# Compatible peacocks and haps for a 55 gallon



## denmck (Mar 22, 2013)

I am currently setting up a 55 gallon tank for my first stab at keeping cichlids. I'm shooting for an all male peacock tank with maybe a hap or two mixed in for some interest. I'm trying to get fish that won't be overly aggressive with each other and grow out no larger than about 5". From my research and suggestions from an online vendor who I may use for my stock, I've come up with the following:

Aulonocara rubescens (Ruby Red)
Aulonocara ethelwynnae 
Aulonocara baenschi (Benga)
Aulonocara stuartgranti (Ngara - Flametail)
Aulonocara maulana (Bi-color 500)
Aulonocara stuartgranti (Chiwindi - Blue Neon)

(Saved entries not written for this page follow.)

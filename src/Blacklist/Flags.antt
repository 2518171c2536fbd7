-- ===== src/Blacklist/Flags.antt =====
-- How long an identity stays flagged, and how long its row grows (internal/blacklist/blacklist.go).
use freens.Prelude.{ℕ, ◌+◌, ◌≤◌, ◌≡◌, ◌↔◌, refl, true, length, Bytes, bytes_eq_refl, some, arith}
use freens.Store.Entries.{lookup}
use freens.Blacklist.{
  Ledger, Class, File, missing, corrupt, rows, adopt_file, record_violation, flagged, flagged_id,
}

adopt_file-ttl : (l : Ledger) (file : File) (now : ℕ) → (adopt_file l file now).ttl ≡ l.ttl
unfolding adopt_file
adopt_file-ttl l missing now = refl
adopt_file-ttl l corrupt now = refl
adopt_file-ttl l (rows rs) now = ground arith

module _ (sha256 : Bytes → Bytes) (l : Ledger) (file : File) (id : Bytes) (class : Class)
    (proof : Bytes) (now later : ℕ) where
  -- A violation of an identity of 32 bytes is recorded. Then the identity is flagged at a later time,
  -- with nothing recorded in between, exactly until the ledger's lifetime of a flag has passed.
  pub record_violation-flagged_iff :
      length id ≡ 32
      → ((record_violation sha256 (some l) file id class proof now).1 ≡ true)
        × (((flagged (record_violation sha256 (some l) file id class proof now).0 id later).1
              ≡ true)
            ↔ (later ≤ now + l.ttl))
  unfolding record_violation flagged flagged_id lookup
  record_violation-flagged_iff size = (
    ground arith,
    (
      (λ h. ground (arith, adopt_file-ttl l file now, bytes_eq_refl id, h)),
      (λ h. ground (arith, adopt_file-ttl l file now, bytes_eq_refl id)),
    ),
  )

and mixing in a Hap or 2 such as:

Lethrinops sp. "Red Cap" (Itungi)
Lethrinops "Black fin"

Anyone have any experience with the fish above that they can share? Other suggestions?

Thanks for your help! :fish:


----------



## DJRansome (Oct 29, 2005)

I would expect lethrinops to not color up. What about Placidochromis electra? Otopharynx lithobates Z-Rock?

I've had the red, the baenschi, the ngara and the chiwindi...I'd expect them to work. IDK about ethelwynnae or bi-color.


----------



## DanniGirl (Jan 25, 2007)

Good advice concerning the Lethrinops. The males show color in the presence of females; they do better in breeding groups. A single male will survive in an all male environment, but don't expect much as far as color as concerned.

The Bi-colored should do well. Skip the ethelwynnae, too timid.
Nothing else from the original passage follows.